Covid testing on arrival in limbo

The Covid-19 testing gates at Keflavik Airport can currently process …

The Covid-19 testing gates at Keflavik Airport can currently process about 2.000 passengers a day. Morgunblaðið/Íris

Ásgeir Ingvarsson

mbl.is

The Icelandic genome research company deCode (Íslensk erfðagreining) will no longer handle Covid-19 testing at the Icelandic border after Monday, July 13th. Kari Stefansson CEO of deCode has sent the office of the prime minister a letter to this effect, giving the authorities a week to come up with a new arrangement for testing passengers arriving in Iceland. In his letter Mr. Stefansson also wrote that his company will no longer work with the Icelandic Directorate of Health on matters regarding Covid-19.

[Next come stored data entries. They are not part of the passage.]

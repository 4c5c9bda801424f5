-- ===== src/Store/Memory.antt =====
-- A store held in memory as a sorted association list: the interface can be met.
use local_rusty_indexer_poc.Prelude.{
  ◌≡◌, refl, true, none, some, List, [], ◌∷◌, retain, All, not, if◌then◌else◌, arith, inl, inr,
  Bool-cases,
}
use local_rusty_indexer_poc.Bytes.{Bytes, ◌=ᵇ◌, =ᵇ_iff}
use local_rusty_indexer_poc.Bytes.Endian.{lex_ltb}
use local_rusty_indexer_poc.Bytes.Order.{lex_trans, lex_total, lex_ne, lex_ne', lex_asym}
use local_rusty_indexer_poc.Store.{Entry, starts_with, lookup, IsSorted, Fjall}

unfoldable pub put : Bytes → Bytes → List Entry → List Entry
put k v [] = (k, v) ∷ []
put k v ((j, w) ∷ l) =
    if k =ᵇ j then (k, v) ∷ l else if lex_ltb k j then (k, v) ∷ (j, w) ∷ l else (j, w) ∷ put k v l

unfoldable pub without : Bytes → List Entry → List Entry
without k [] = []
without k ((j, w) ∷ l) = let rest = without k l in if j =ᵇ k then rest else (j, w) ∷ rest

pub lookup-put :
    (k v j : Bytes) (l : List Entry)
    → lookup j (put k v l) ≡ (if k =ᵇ j then some v else lookup j l)
unfolding lookup put
lookup-put k v j [] = refl
lookup-put k v j ((i, w) ∷ l) =
    ground (arith, lookup-put k v j l, =ᵇ_iff k i, =ᵇ_iff k j, =ᵇ_iff i j)

pub lookup-without :
    (k j : Bytes) (l : List Entry) → lookup j (without k l) ≡ (if k =ᵇ j then none else lookup j l)
unfolding lookup without
lookup-without k j [] = ground arith
lookup-without k j ((i, w) ∷ l) =
    ground (arith, lookup-without k j l, =ᵇ_iff i k, =ᵇ_iff i j, =ᵇ_iff k j)

abbrev Above : Bytes → Entry → Type 0
Above k e = lex_ltb k e.0 ≡ true

All-put :
    (b k v : Bytes) (l : List Entry)
    → lex_ltb b k ≡ true
    → All (Above b) l
    → All (Above b) (put k v l)
unfolding put
All-put b k v [] h a = (h, tt)
All-put b k v ((j, w) ∷ l) h a = ground (arith, All-put b k v l h a.1)

All-trans : (b k : Bytes) (l : List Entry) → lex_ltb b k ≡ true → All (Above k) l → All (Above b) l
All-trans b k [] h a = tt
All-trans b k ((j, w) ∷ l) h a = (lex_trans b k j h a.0, All-trans b k l h a.1)

pub put-IsSorted : (k v : Bytes) (l : List Entry) → IsSorted l → IsSorted (put k v l)
unfolding put
put-IsSorted k v [] s = (tt, tt)
put-IsSorted k v ((j, w) ∷ l) s = elim (lex_total k j) [
  | inl less ↦ rw (lex_ne k j less, less) ((less, All-trans k j l less s.0), s)
  | inr (inl same) ↦ rw (same, (=ᵇ_iff j j).1 refl) (s.0, s.1)
  | inr (inr more) ↦
      rw (lex_ne' j k more, lex_asym j k more) (All-put j k v l more s.0, put-IsSorted k v l s.1)
]

All-without : (P : Entry → Type 0) (k : Bytes) (l : List Entry) → All P l → All P (without k l)
unfolding without
All-without P k [] a = tt
All-without P k ((j, w) ∷ l) a = elim (Bool-cases (j =ᵇ k)) [
  | inl e ↦ rw e (All-without P k l a.1)
  | inr e ↦ rw e (a.0, All-without P k l a.1)
]

pub without-IsSorted : (k : Bytes) (l : List Entry) → IsSorted l → IsSorted (without k l)
unfolding without
without-IsSorted k [] s = tt
without-IsSorted k ((j, w) ∷ l) s = elim (Bool-cases (j =ᵇ k)) [
  | inl e ↦ rw e (without-IsSorted k l s.1)
  | inr e ↦ rw e (All-without (Above j) k l s.0, without-IsSorted k l s.1)
]

pub record Table : Type 0 where
  pub entries : List Entry
  pub sorted : IsSorted entries

abbrev pub table_insert : Table → Bytes → Bytes → Table
table_insert t k v = record {
  entries = put k v t.entries;
  sorted = put-IsSorted k v t.entries t.sorted;
}

abbrev pub table_remove : Table → Bytes → Table
table_remove t k = record {
  entries = without k t.entries;
  sorted = without-IsSorted k t.entries t.sorted;
}

abbrev pub empty : Table
empty = record { entries = []; sorted = tt }

unfoldable pub memory : Fjall
unfolding put without lookup
memory = record {
  Tree = Table;
  get = λ t k. lookup k t.entries;
  insert = table_insert;
  remove = table_remove;
  iter = λ t. t.entries;
  prefix = λ t p. retain (λ e. starts_with p e.0) t.entries;
  range_to = λ t k. retain (λ e. lex_ltb e.0 k) t.entries;
  range_from = λ t k. retain (λ e. not (lex_ltb e.0 k)) t.entries;
  fetch_update = λ t k f. (
    lookup k t.entries,
    elim (f (lookup k t.entries)) [ none ↦ table_remove t k | some v ↦ table_insert t k v ],
  );
  get-insert = λ t k v j. lookup-put k v j t.entries;
  get-remove = λ t k j. lookup-without k j t.entries;
  lookup-iter = λ t k. refl;
  iter-IsSorted = λ t. t.sorted;
  prefix_lem = λ t p. refl;
  range_to_lem = λ t k. refl;
  range_from_lem = λ t k. refl;
  fetch_update_lem = λ t k f. refl;
}
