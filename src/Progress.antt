-- ===== src/Progress.antt =====
-- The percentage that both historical syncers log at every 100th batch, in
-- indexer-lib/src/historical_syncer.rs and indexer-lib/src/selected_chain_syncer.rs. The numbers of
-- 192 bits are a dependency's: its subtraction and its conversion are parameters.
use local_rusty_indexer_poc.Prelude.{
  ℕ, ◌*◌, ◌/◌, ◌%◌, ◌^◌, Bool, true, false, Option, ltb, ◌==◌, if◌then◌else◌, Result, ok, err,
  or_fail, panicked, ◌>>=◌,
}

-- `-`, which panics at `none`, and `as_u128`
pub record Uint192 : Type 0 where
  pub sub : ℕ → ℕ → Option ℕ
  pub as_u128 : ℕ → ℕ

-- The share of the work that is done, by the blue work at the start, now, and at the target. The
-- product of 128 bits wraps, and dividing by 0 panics.
unfoldable pub percentage : Uint192 → ℕ → ℕ → ℕ → Result ℕ
percentage w initial current target = do
  total_work_to_sync ← or_fail (w.sub target initial) panicked
  work_synced ← or_fail (w.sub current initial) panicked
  share (w.as_u128 work_synced) (w.as_u128 total_work_to_sync) (ltb 0 total_work_to_sync)
  where
    share : ℕ → ℕ → Bool → Result ℕ
    share done total false = ok 100
    share done total true =
        if total == 0 then err panicked else ok (((done * 100) % 2 ^ 128) / total)

-- what is computed after that many batches: the percentage at every 100th, else nothing
unfoldable pub log_progress : Uint192 → ℕ → ℕ → ℕ → ℕ → Result (Unit {0})
unfolding percentage
log_progress w batches_processed initial current target =
    if batches_processed % 100 == 0
    then (do _ ← percentage w initial current target; ok tt)
    else ok tt
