-- ===== src/Examples/Base.antt =====
-- Data that the examples share: a ring set held as a list, ids, and cursors.
use local_rusty_indexer_poc.Prelude.{
  ℕ, ◌-◌, ◌%◌, ◌^◌, ltb, none, some, if◌then◌else◌, refl, List, [], ◌∷◌, ◌++◌, length, replicate,
  arith, err, invalid_script,
}
use local_rusty_indexer_poc.Bytes.{Bytes}
use local_rusty_indexer_poc.FifoSet.{mem, tail, RingSet, IsExact}
use local_rusty_indexer_poc.Store.Memory.{memory, empty}
use local_rusty_indexer_poc.Keyspace.{Keyspace}
use local_rusty_indexer_poc.Metadata.{Cursor}
use local_rusty_indexer_poc.Progress.{Uint192}
use local_rusty_indexer_poc.Messages.Address.{pub_key}
use local_rusty_indexer_poc.BlockProcessor.Handlers.{Chain}

pub record Slots : Type 0 where
  pub items : List Bytes
  pub room : ℕ

-- a ring set that allocates exactly what is asked for, and doubles when it is full
abbrev pub ring : RingSet
ring = record {
  Ring = Slots;
  with_capacity = λ n. record { items = []; room = n };
  ring_contains = λ s k. mem k s.items;
  len = λ s. length s.items;
  capacity = λ s. s.room;
  pop_front = λ s. record { items = tail s.items; room = s.room };
  ring_insert = λ s k. record { items = s.items ++ k ∷ []; room = s.room };
  to_list = λ s. s.items;
  contains_lem = λ s k. refl;
  len_lem = λ s. refl;
  to_list-with_capacity = λ n. refl;
  to_list-pop_front = λ s. refl;
  to_list-insert = λ s k h. refl;
  le-capacity = λ n. omega arith;
  capacity-pop_front = λ s. omega arith;
  capacity-insert = λ s k h. omega arith;
}

abbrev pub exact : IsExact ring
exact = record { exact-pop_front = λ s. refl; exact-insert = λ s k h. refl }

-- subtraction that panics below 0, and the low 128 bits
abbrev pub work : Uint192
work = record { sub = λ a b. if ltb a b then none else some (a - b); as_u128 = λ n. n % 2 ^ 128 }

abbrev pub id_a : Bytes
id_a = replicate 32 1

abbrev pub id_b : Bytes
id_b = replicate 32 2

abbrev pub id_c : Bytes
id_c = replicate 32 3

abbrev pub cursor_a : Cursor
cursor_a = record { daa_score = 10; blue_work = 100; hash = id_a }

abbrev pub cursor_b : Cursor
cursor_b = record { daa_score = 11; blue_work = 110; hash = id_b }

-- scripts that all count as public keys, and ids that nobody computes
abbrev pub chain : Chain
chain = record {
  scripts = record {
    from_script = λ s. pub_key;
    class_version = λ c. 0;
    pub_key_version = 0;
    pub_key_ecdsa_version = 1;
    script_hash_version = 8;
  };
  compute_id = λ tx. err invalid_script;
}

-- a partition with nothing in it
unfoldable pub blank : memory.Tree
unfolding memory
blank = empty

abbrev pub keyspace : Keyspace memory
keyspace = record {
  metadata = blank;
  handshake_by_sender = blank;
  handshake_by_receiver = blank;
  tx_id_to_handshake = blank;
  contextual_message_by_sender = blank;
  payment_by_sender = blank;
  payment_by_receiver = blank;
  tx_id_to_payment = blank;
  tx_id_to_acceptance = blank;
  acceptance_to_tx_id = blank;
  skip_tx = blank;
  skip_tx_by_block = blank;
  block_compact_header = blank;
  daa_index = blank;
  unknown_tx = blank;
  unknown_accepting_daa = blank;
  pending_sender_resolution = blank;
  block_gaps = blank;
}
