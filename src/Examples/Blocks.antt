-- ===== src/Examples/Blocks.antt =====
-- Examples for the sets of recent keys and the block worker.
use local_rusty_indexer_poc.Prelude.{
  ℕ, ◌≡◌, refl, false, true, Option, none, some, [], ◌∷◌, arith, Result, ok, err, alias_too_long,
  replicate,
}
use local_rusty_indexer_poc.Bytes.{Bytes, ◌=ᵇ◌, strip_prefix, position}
use local_rusty_indexer_poc.FifoSet.{FifoSet, insert, contains, make_room}
use local_rusty_indexer_poc.FifoSet.Window.{IsValid, insert_all, contains-insert_all}
use local_rusty_indexer_poc.Store.Memory.{memory, put}
use local_rusty_indexer_poc.Store.{lookup}
use local_rusty_indexer_poc.Metadata
use local_rusty_indexer_poc.Messages.Contextual
use local_rusty_indexer_poc.Bytes.Endian.{to_be_bytes, to_le_bytes, lex_ltb}
use local_rusty_indexer_poc.Keyspace.{Keyspace, commit}
use local_rusty_indexer_poc.Protocol.{
  SealedOperation, SealedContextualMessageV1, contextual_message_v1, ascii, parse_sealed_operation,
}
use local_rusty_indexer_poc.BlockProcessor.Handlers.{
  Transaction, Block, handle_operation, handle_contextual_message, copy_alias, id_of,
}
use local_rusty_indexer_poc.BlockProcessor.{
  Processor, handle_block, handle_blocks, write_headers, handle_transactions, finish_block,
}
use local_rusty_indexer_poc.BlockProcessor.Effects.{Recorded, handle_operation-Recorded}
use local_rusty_indexer_poc.BlockProcessor.Halts.{handle_block-long_alias}
use local_rusty_indexer_poc.BlockProcessor.Once.{handle_block-once}
use local_rusty_indexer_poc.Examples.Base.{keyspace, ring, blank, chain, id_a, id_b, id_c}

abbrev pair : FifoSet ring
pair = record { set = record { items = id_a ∷ id_b ∷ []; room = 2 } }

abbrev pair_valid : IsValid ring pair
pair_valid = record { within = omega arith; room = omega arith }

contains-insert_all_example :
    contains ring (insert_all ring (insert ring pair id_c).0 (id_a ∷ [])) id_c ≡ true
unfolding contains ◌=ᵇ◌
contains-insert_all_example =
    contains-insert_all ring pair id_c (id_a ∷ []) pair_valid refl (omega arith)

abbrev processor : Processor memory ring
processor = record {
  processed_blocks = record { set = record { items = []; room = 2 } };
  processed_txs = record { set = record { items = []; room = 2 } };
  keyspace = keyspace;
  contextual_messages = 0;
  blocks_processed = 0;
}

-- a contextual message whose alias has 17 bytes
abbrev long_tx : Transaction
long_tx = record {
  verbose_id = some id_b;
  payload = ascii "ciph_msg:1:comm:aaaaaaaaaaaaaaaaa:abc";
  outputs = [];
}

abbrev block : Block
block = record {
  hash = id_a;
  daa_score = 10;
  blue_work = 100;
  timestamp = 5;
  transactions = long_tx ∷ [];
}

abbrev long_message : SealedContextualMessageV1
long_message = record { alias = replicate 17 97; sealed_hex = ascii "abc" }

handle_block-long_alias_example : handle_block memory ring chain block false processor ≡ (
  record processor { keyspace = write_headers memory ring chain block keyspace },
  some alias_too_long,
)
unfolding id_of contains parse_sealed_operation strip_prefix position
handle_block-long_alias_example =
    handle_block-long_alias memory ring chain block long_tx [] id_b long_message false processor
      refl refl refl refl refl (omega arith)

abbrev quiet : Block
quiet = record { hash = id_a; daa_score = 10; blue_work = 100; timestamp = 5; transactions = [] }

abbrev other : Block
other = record quiet { hash = id_b; daa_score = 11; blue_work = 110 }

abbrev after_one : Processor memory ring
after_one = (handle_block memory ring chain quiet false processor).0

abbrev after_two : Processor memory ring
after_two = (handle_blocks memory ring chain ((other, false) ∷ []) after_one).0

handle_block-once_example : handle_block memory ring chain quiet true after_two ≡ (after_two, none)
unfolding handle_block handle_blocks contains handle_transactions finish_block write_headers commit
    Metadata.set_latest_block_cursor Metadata.newer_value Metadata.value_bytes Metadata.value_ltb
    memory blank put lookup ◌=ᵇ◌ insert make_room to_be_bytes to_le_bytes lex_ltb
handle_block-once_example =
    handle_block-once memory ring chain quiet false true ((other, false) ∷ []) processor after_one
      after_two (record { within = omega arith; room = omega arith }) refl refl refl (omega arith)

abbrev hello : SealedOperation
hello = contextual_message_v1 (record { alias = ascii "bob"; sealed_hex = ascii "abc" })

abbrev ran : Result (Option Bytes × Keyspace memory × ℕ)
ran = handle_operation memory chain block long_tx id_b (some hello) keyspace

abbrev result : Option Bytes × Keyspace memory × ℕ
result = elim ran [ ok r ↦ r | err e ↦ (none, keyspace, 0) ]

handle_operation-Recorded_example :
    Recorded memory chain block long_tx id_b (some hello) keyspace result
unfolding handle_operation handle_contextual_message Contextual.insert_message copy_alias
handle_operation-Recorded_example =
    handle_operation-Recorded memory chain block long_tx id_b (some hello) keyspace result refl
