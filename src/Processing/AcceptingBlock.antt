-- ===== src/Processing/AcceptingBlock.antt =====
-- `AcceptingBlockToTxIDPartition` of indexer-lib/src/database/processing/acceptance.rs: the ids of
-- the transactions that a chain block accepted.
use local_rusty_indexer_poc.Prelude.{Option, none, List, Result, ok, ◌>>=◌}
use local_rusty_indexer_poc.Bytes.{Bytes}
use local_rusty_indexer_poc.Store.{Fjall}
use local_rusty_indexer_poc.Keys.Layout.{join}
use local_rusty_indexer_poc.Processing.TxIds.{view}

module _ (db : Fjall) where
  open db use {Tree, get, insert, fetch_update}

  unfoldable pub insert_wtx : Tree → Bytes → List Bytes → Tree
  insert_wtx t accepted_by_block_hash tx_ids = insert t accepted_by_block_hash (join tx_ids)

  unfoldable pub remove_wtx : Tree → Bytes → Result (Option Bytes × Tree)
  remove_wtx t accepted_by_block_hash = do
    let (old, t') = fetch_update t accepted_by_block_hash (λ _. none)
    ids ← view old
    ok (ids, t')

  unfoldable pub get_ids : Tree → Bytes → Result (Option Bytes)
  get_ids t accepted_by_block_hash = view (get t accepted_by_block_hash)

When asked by Mbl.is how testing at the border might continue Mr. Stefansson implied that the National University Hospital of Iceland should be more than capable of taking over from deCode, if given enough funding. He said that it would be in everyone's best interest that deCode no longer be involved in the project. “We have contributed a tremendous amount of work and enough is enough. Now we have to get back to our day job.”

A special testing facility was opened at Keflavik Airport on June 15th where all arriving passengers have been required to have a health professional perform a nasal swab that is tested for signs of the virus, with results ready the same day. Mr. Stefansson believes that a week’s notice gives the authorities plenty of time to take over, as deCode only had five days to do the same.

Mr. Stefansson had previously requested that Icelandic authorities begin the process of taking over the day-to-day operations of Covid-19 testing at the Icelandic border. He received an answer from the prime minister on July 4th informing him that a project manager would be hired to come up with a list of long-term alternatives to present no later than September 15th.